Norman Wielsch, 50, of Antioch, the former commander of the Central Contra Costa County Narcotics Enforcement Team, known as CNET, faces federal charges of stealing and selling drugs from the program, extortion and conducting phony law enforcement stings.

He is free on $100,000 bail and is required to remain in Northern California while awaiting a not-yet-scheduled trial in U.S. District Court in Oakland.

Last week, Wielsch applied for permission to travel to Los Angeles on Sunday and Monday to tape an appearance on “Dr. Phil,” a daytime reality talk show hosted by psychologist Phil McGraw.

On Thursday, U.S. Magistrate Laurel Beeler granted permission, despite the written objections of prosecutors.

Assistant U.S. Attorney Hartley West argued in a filing that Wielsch might be likely to flee and that the trip was not for the normal family, medical or employment purposes usually allowed for exceptions to travel restrictions.

Prosecutors then appealed to U.S. District Judge Saundra Armstrong, the trial judge assigned to the case, in a telephone hearing held Friday afternoon.

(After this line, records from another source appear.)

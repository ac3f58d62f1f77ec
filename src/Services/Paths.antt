-- ===== src/Services/Paths.antt =====
-- The names under which the methods of include/tinvest/services.hpp are called and limited.
use mathlib.Core.Option.{some-injective}
use tinkoff_invest_sdkv.Prelude.{
  ◌≡◌, refl, sym, ap, ◌∙◌, arith, Bool, true, false, not, ◌&&◌, ◌||◌, if◌then◌else◌, ◌==◌, List, [],
  ◌∷◌, ◌++◌, map, Option, none, some, Bytes, bytes_eq,
}
use tinkoff_invest_sdkv.Services.Tables.{Method}
use tinkoff_invest_sdkv.Services.{
  Service, users, instruments, market_data, operations, orders, stop_orders, sandbox, signals,
  full_name, methods, contract_of, path,
}

has_slash : Bytes → Bool
has_slash [] = false
has_slash (c ∷ s) = c == b'/' || has_slash s

full_name_plain : (s : Service) → has_slash (full_name s) ≡ false
unfolding has_slash full_name
full_name_plain users = refl
full_name_plain instruments = refl
full_name_plain market_data = refl
full_name_plain operations = refl
full_name_plain orders = refl
full_name_plain stop_orders = refl
full_name_plain sandbox = refl
full_name_plain signals = refl

-- Two names without a slash, each before a slash.
split_slash :
    (s t u v : Bytes)
    → has_slash s ≡ false
    → has_slash t ≡ false
    → s ++ b'/' ∷ u ≡ t ++ b'/' ∷ v
    → (s ≡ t) × (u ≡ v)
unfolding has_slash
split_slash [] [] u v h k e = (refl, cc)
split_slash [] (d ∷ t) u v h k e = absurd (ground arith)
split_slash (c ∷ s) [] u v h k e = absurd (ground arith)
split_slash (c ∷ s) (d ∷ t) u v h k e =
    let (p, q) = split_slash s t u v (ground arith) (ground arith) cc in (cc, q)

-- The service that has a name.
service_of : List Service → Bytes → Option Service
service_of [] name = none
service_of (s ∷ ss) name =
    let rest = service_of ss name in if bytes_eq (full_name s) name then some s else rest

all_services : List Service
all_services =
    users ∷ instruments ∷ market_data ∷ operations ∷ orders ∷ stop_orders ∷ sandbox ∷ signals ∷ []

service_of-full_name : (s : Service) → service_of all_services (full_name s) ≡ some s
unfolding service_of all_services full_name bytes_eq
service_of-full_name users = refl
service_of-full_name instruments = refl
service_of-full_name market_data = refl
service_of-full_name operations = refl
service_of-full_name orders = refl
service_of-full_name stop_orders = refl
service_of-full_name sandbox = refl
service_of-full_name signals = refl

-- No two RPCs are called under one name, so that none is limited by the entry of another: the name
-- of a call determines the service and the RPC.
pub path_injective :
    (s t : Service) (m n : Method) → path s m ≡ path t n → (s ≡ t) × (m.rpc ≡ n.rpc)
unfolding path
path_injective s t m n e =
    let (p, q) =
      split_slash (full_name s) (full_name t) m.rpc n.rpc (full_name_plain s) (full_name_plain t)
        e in
    (
      some-injective s t
          (sym (service_of-full_name s) ∙ ap (service_of all_services) p ∙ service_of-full_name t),
      q,
    )

unfoldable is_listed : Bytes → List Bytes → Bool
is_listed x [] = false
is_listed x (y ∷ ys) = bytes_eq x y || is_listed x ys

unfoldable pub distinct : List Bytes → Bool
unfolding is_listed
distinct [] = true
distinct (x ∷ xs) = not (is_listed x xs) && distinct xs

-- The methods of every service are the unary RPCs that its contract declares, all of them, each once
-- and in the same order, and no two have one name.
pub methods-contract_of :
    (s : Service)
    → (map (λ (m : Method). m.rpc) (methods s) ≡ contract_of s)
      × (distinct (contract_of s) ≡ true)
      × (distinct (map (λ (m : Method). m.name) (methods s)) ≡ true)
unfolding methods contract_of distinct is_listed bytes_eq
methods-contract_of users = (refl, refl, refl)
methods-contract_of instruments = (refl, refl, refl)
methods-contract_of market_data = (refl, refl, refl)
methods-contract_of operations = (refl, refl, refl)
methods-contract_of orders = (refl, refl, refl)
methods-contract_of stop_orders = (refl, refl, refl)
methods-contract_of sandbox = (refl, refl, refl)
methods-contract_of signals = (refl, refl, refl)
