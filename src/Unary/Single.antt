-- ===== src/Unary/Single.antt =====
-- `unary_async` of include/tinvest/detail/unary.hpp.
use tinkoff_invest_sdkv.Prelude.{
  ℕ, ◌≡◌, refl, ◌⊎◌, inl, inr, true, false, [], ◌∷◌, Bytes, Bool-cases,
}
use tinkoff_invest_sdkv.Error.{error}
use tinkoff_invest_sdkv.RateLimiter.{RateLimiter, try_acquire}
use tinkoff_invest_sdkv.Unary.{Outcome, unary_async, result_of, client_limit_error}

-- The callback is called exactly once: with what the call came to if the rate limiter grants a slot,
-- and otherwise, without a call, with the client's own error. The limiter changes as by `try_acquire`.
pub unary_async_lem {ℓ} :
    {A : Type ℓ} (r : RateLimiter) (method : Bytes) (now : ℕ) (o : Outcome A)
    → let a = unary_async r method now o in
      (a.limiter ≡ (try_acquire r method now).1)
      × (((try_acquire r method now).0 ≡ true) × (a.started ≡ true) × (a.results ≡ result_of o ∷ [])
          ⊎ ((try_acquire r method now).0 ≡ false)
            × (a.started ≡ false)
            × (a.results ≡ error client_limit_error ∷ []))
unfolding unary_async
unary_async_lem r method now o = elim (Bool-cases (try_acquire r method now).0) [
  | inl t ↦ rw t (refl, inl (refl, refl, refl))
  | inr t ↦ rw t (refl, inr (refl, refl, refl))
]
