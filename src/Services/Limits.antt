-- ===== src/Services/Limits.antt =====
-- From the tariff to the calls: `load_rate_limits` of src/client.cpp, the method names of
-- include/tinvest/services.hpp, the rate limiter and the overloads with a callback.
use tinkoff_invest_sdkv.Prelude.{
  ℕ, zero, suc, ◌+◌, ◌≤◌, ◌<◌, ◌≡◌, refl, sym, ap, ◌∙◌, arith, Bool, true, false, List, [], ◌∷◌,
  ◌++◌, some, Bytes, All, get_elem?, inl, inr,
}
use tinkoff_invest_sdkv.Prelude.Int.{pos_part}
use tinkoff_invest_sdkv.Prelude.Dict.{lookup}
use tinkoff_invest_sdkv.Error.{value}
use tinkoff_invest_sdkv.RateLimiter.{
  Group, RateLimiter, UnaryLimit, new_group, set_limit, configure, configure_all, try_acquire,
  admit,
}
use tinkoff_invest_sdkv.RateLimiter.Serving.{capacity, admit_rolled, admit_granted, admit_refused}
use tinkoff_invest_sdkv.RateLimiter.Bounds.{try_acquire_known, admit_group_self, admit_group_keeps}
use tinkoff_invest_sdkv.RateLimiter.Table.{names, Unnamed, configure_named}
use tinkoff_invest_sdkv.Unary.{Outcome, unary_async}
use tinkoff_invest_sdkv.Unary.Single.{unary_async_lem}
use tinkoff_invest_sdkv.Client.{load_rate_limits}
use tinkoff_invest_sdkv.Services.{Service, path, call_async}
use tinkoff_invest_sdkv.Services.Tables.{Method}

-- Which of the calls of one method, made at the given times, are started.
unfoldable pub started_calls {ℓ} :
    {A : Type ℓ} → RateLimiter → Service → Method → (Bytes → Outcome A) → List ℕ → List Bool
started_calls r s m call [] = []
started_calls r s m call (t ∷ ts) =
    let a = call_async r s m t call in a.started ∷ started_calls a.limiter s m call ts

-- The first n of as many calls, and no other.
unfoldable pub first_of : ℕ → List ℕ → List Bool
first_of n [] = []
first_of zero (t ∷ ts) = false ∷ first_of zero ts
first_of (suc n) (t ∷ ts) = true ∷ first_of n ts

-- The limiter maps a name to a group.
record Serves (r : RateLimiter) (name : Bytes) (id : ℕ) (g : Group) : Type 0 where
  mapped : lookup name r.by_method ≡ some id
  stored : get_elem? r.groups id ≡ some g

started_lem {ℓ} :
    {A : Type ℓ} (r : RateLimiter) (name : Bytes) (now : ℕ) (o : Outcome A)
    → (unary_async r name now o).started ≡ (try_acquire r name now).0
started_lem r name now o = elim ((unary_async_lem r name now o).1) [
  | inl (granted, started, rest) ↦ started ∙ sym granted
  | inr (refused, started, rest) ↦ started ∙ sym refused
]

-- A call asks the group of its name.
acquire_self :
    (r : RateLimiter) (name : Bytes) (id now : ℕ) (g h : Group) (b : Bool)
    → Serves r name id g
    → admit r.window now g ≡ (b, h)
    → ((try_acquire r name now).0 ≡ b)
      × Serves (try_acquire r name now).1 name id h
      × ((try_acquire r name now).1.window ≡ r.window)
acquire_self r name id now g h b v e =
    let known = try_acquire_known r name now id v.mapped in
    let (same, stored) = admit_group_self r id now g v.stored in
    let (table, window) = admit_group_keeps r id now in
    rw known (
      same ∙ ap (λ p. p.0) e,
      record { mapped = ap (lookup name) table ∙ v.mapped; stored = stored ∙ ap (λ p. some p.1) e },
      window,
    )

module _ {ℓ} {A : Type ℓ} (s : Service) (m : Method) (call : Bytes → Outcome A) where
  -- A call and those after it, by what the limiter makes of the first.
  started_step :
      (r : RateLimiter) (id t : ℕ) (ts : List ℕ) (g h : Group) (b : Bool)
      → Serves r (path s m) id g
      → admit r.window t g ≡ (b, h)
      → (u : RateLimiter) × (started_calls r s m call (t ∷ ts) ≡ b ∷ started_calls u s m call ts)
        × Serves u (path s m) id h
        × (u.window ≡ r.window)
  unfolding started_calls call_async
  started_step r id t ts g h b v e =
      let o = call (path s m) in
      let (same, next, window) = acquire_self r (path s m) id t g h b v e in
      let limiter = (unary_async_lem r (path s m) t o).0 in
      (
        (try_acquire r (path s m) t).1,
        ap (λ x. x ∷ started_calls (unary_async r (path s m) t o).limiter s m call ts)
              (started_lem r (path s m) t o ∙ same)
            ∙ ap (λ u. b ∷ started_calls u s m call ts) limiter,
        next,
        window,
      )

  inside_window :
      (left : ℕ) (r : RateLimiter) (id : ℕ) (g : Group) (ts : List ℕ)
      → Serves r (path s m) id g
      → 0 < capacity g
      → left + g.count ≡ capacity g
      → All (λ t. t < g.window_start + r.window) ts
      → started_calls r s m call ts ≡ first_of left ts
  unfolding started_calls first_of
  inside_window left r id g [] v p e h = refl
  inside_window zero r id g (t ∷ ts) v p e (h, hs) =
      let full = admit_refused r.window t g p h (omega arith) in
      let (u, step, next, window) = started_step r id t ts g g false v full in
      step ∙ ap (λ xs. false ∷ xs) (inside_window zero u id g ts next p e (rw window hs))
  inside_window (suc left) r id g (t ∷ ts) v p e (h, hs) =
      let g' = record g { count = g.count + 1 } in
      let granted = admit_granted r.window t g p h (omega arith) in
      let (u, step, next, window) = started_step r id t ts g g' true v granted in
      step
      ∙ ap (λ xs. true ∷ xs) (inside_window left u id g' ts next p (omega arith) (rw window hs))

configure_all-window :
    (r : RateLimiter) (ls : List UnaryLimit) → (configure_all r ls).window ≡ r.window
unfolding configure_all set_limit
configure_all-window r [] = refl
configure_all-window r (l ∷ ls) = configure_all-window (set_limit r l.methods l.limit_per_minute) ls

-- After a tariff was loaded whose last entry for a method has the limit n > 0, of the calls of the
-- method in one window, from the first call on, just the first n are started, and the client itself
-- refuses the others.
pub loaded_limits {ℓ} :
    {A : Type ℓ} (s : Service) (m : Method) (call : Bytes → Outcome A) (r : RateLimiter)
    (ks ls : List UnaryLimit) (l : UnaryLimit) (t : ℕ) (ts : List ℕ)
    → names l.methods (path s m) ≡ true
    → Unnamed (path s m) ls
    → 0 < pos_part l.limit_per_minute
    → r.window ≤ t
    → All (λ u. u < t + r.window) ts
    → started_calls (load_rate_limits r (value (ks ++ l ∷ ls))).0 s m call (t ∷ ts)
      ≡ first_of (pos_part l.limit_per_minute) (t ∷ ts)
unfolding load_rate_limits
loaded_limits s m call r ks ls l t ts h u p w hs =
    let c = configure r (ks ++ l ∷ ls) in
    let (id, stored, mapped) = configure_named r ks ls l in
    let same : c.window ≡ r.window =
      unfold configure in (configure_all-window (record r { by_method = [] }) (ks ++ l ∷ ls)) in
    let serves : Serves c (path s m) id (new_group l.limit_per_minute) = record {
      mapped = mapped (path s m) h u;
      stored = stored;
    } in
    first_call (pos_part l.limit_per_minute) c id serves refl same
  where
    first_call :
        (n : ℕ) (c : RateLimiter) (id : ℕ)
        → Serves c (path s m) id (new_group l.limit_per_minute)
        → pos_part l.limit_per_minute ≡ n
        → c.window ≡ r.window
        → started_calls c s m call (t ∷ ts) ≡ first_of n (t ∷ ts)
    first_call zero c id v e same = absurd (omega arith)
    first_call (suc n) c id v e same =
        let g = record (new_group l.limit_per_minute) { window_start = t; count = 1 } in
        let rolled =
          admit_rolled c.window t (new_group l.limit_per_minute) p (omega (arith, same)) in
        let (d, step, next, window) = started_step s m call c id t ts _ g true v rolled in
        step
        ∙ unfold first_of in
          (ap (λ xs. true ∷ xs)
            (inside_window s m call n d id g ts next p (omega arith) (rw (window, same) hs)))
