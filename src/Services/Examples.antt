-- ===== src/Services/Examples.antt =====
-- Runs of include/tinvest/services.hpp under a tariff.
use tinkoff_invest_sdkv.RateLimiter.Table.{names}
use tinkoff_invest_sdkv.Prelude.{ℕ, ◌≡◌, refl, arith, true, false, [], ◌∷◌, ◌++◌, Bytes, bytes_eq}
use tinkoff_invest_sdkv.Prelude.Int.{pos}
use tinkoff_invest_sdkv.Prelude.Codes.{codes}
use tinkoff_invest_sdkv.Error.{value}
use tinkoff_invest_sdkv.RateLimiter.{RateLimiter, UnaryLimit, normalize}
use tinkoff_invest_sdkv.Unary.{Outcome}
use tinkoff_invest_sdkv.Client.{load_rate_limits}
use tinkoff_invest_sdkv.Services.{users, path, full_name}
use tinkoff_invest_sdkv.Services.Tables.{Method}
use tinkoff_invest_sdkv.Services.Paths.{path_injective}
use tinkoff_invest_sdkv.Services.Limits.{started_calls, first_of, loaded_limits}

abbrev get_accounts : Method
get_accounts = record { name = codes "get_accounts"; rpc = codes "GetAccounts" }

path_run :
    path users get_accounts ≡ codes "tinkoff.public.invest.api.contract.v1.UsersService/GetAccounts"
unfolding path full_name
path_run = refl

path_injective_example : (users ≡ users) × (get_accounts.rpc ≡ get_accounts.rpc)
path_injective_example = path_injective users users get_accounts get_accounts refl

abbrev unlimited : RateLimiter
unlimited = record { window = 60_000; groups = []; by_method = [] }

-- Two calls in a minute, under the name with a slash.
abbrev two_per_minute : UnaryLimit
two_per_minute = record {
  limit_per_minute = pos 2;
  methods = codes "/tinkoff.public.invest.api.contract.v1.UsersService/GetAccounts" ∷ [];
}

abbrev answered : Bytes → Outcome ℕ
answered name = record { status = record { code = 0; message = [] }; metadata = []; response = 7 }

first_of_run : first_of 2 (100_000 ∷ 100_001 ∷ 100_002 ∷ []) ≡ true ∷ true ∷ false ∷ []
unfolding first_of
first_of_run = refl

loaded_limits_example :
    started_calls
      (load_rate_limits unlimited (value ([] ++ two_per_minute ∷ []))).0
      users
      get_accounts
      answered
      (100_000 ∷ 100_001 ∷ 100_002 ∷ [])
    ≡ first_of 2 (100_000 ∷ 100_001 ∷ 100_002 ∷ [])
unfolding names bytes_eq normalize path full_name
loaded_limits_example =
    loaded_limits users get_accounts answered unlimited [] [] two_per_minute 100_000
      (100_001 ∷ 100_002 ∷ []) refl tt (omega arith) (omega arith) (omega arith, (omega arith, tt))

According to a brief order posted on the court’s electronic docket Monday, Armstrong on Friday overturned the magistrate’s approval of the trip and blocked the trip, which had been scheduled to begin Sunday.

The order said Beeler’s ruling granting permission for the trip was set aside “for the reasons stated on the record at the telephonic hearing held on February 3.”

The order gave no information about the judge’s reasons, and prosecution and defense attorneys declined to comment Monday.

U.S. Attorney’s Office spokesman Jack Gillund said, “I have no comment.”

A spokeswoman for defense attorney Michael Cardoza said, “We’re no longer speaking about that matter until it is resolved at trial.”

Cardoza said last week that Wielsch’s purpose in the planned unpaid television appearance was to reach out to other law enforcement officers who may be under stress and encourage them to seek psychological help.

Wielsch and co-defendant Christopher Butler, a former private investigator from Concord, are scheduled to appear in Armstrong’s court for a status conference March 20.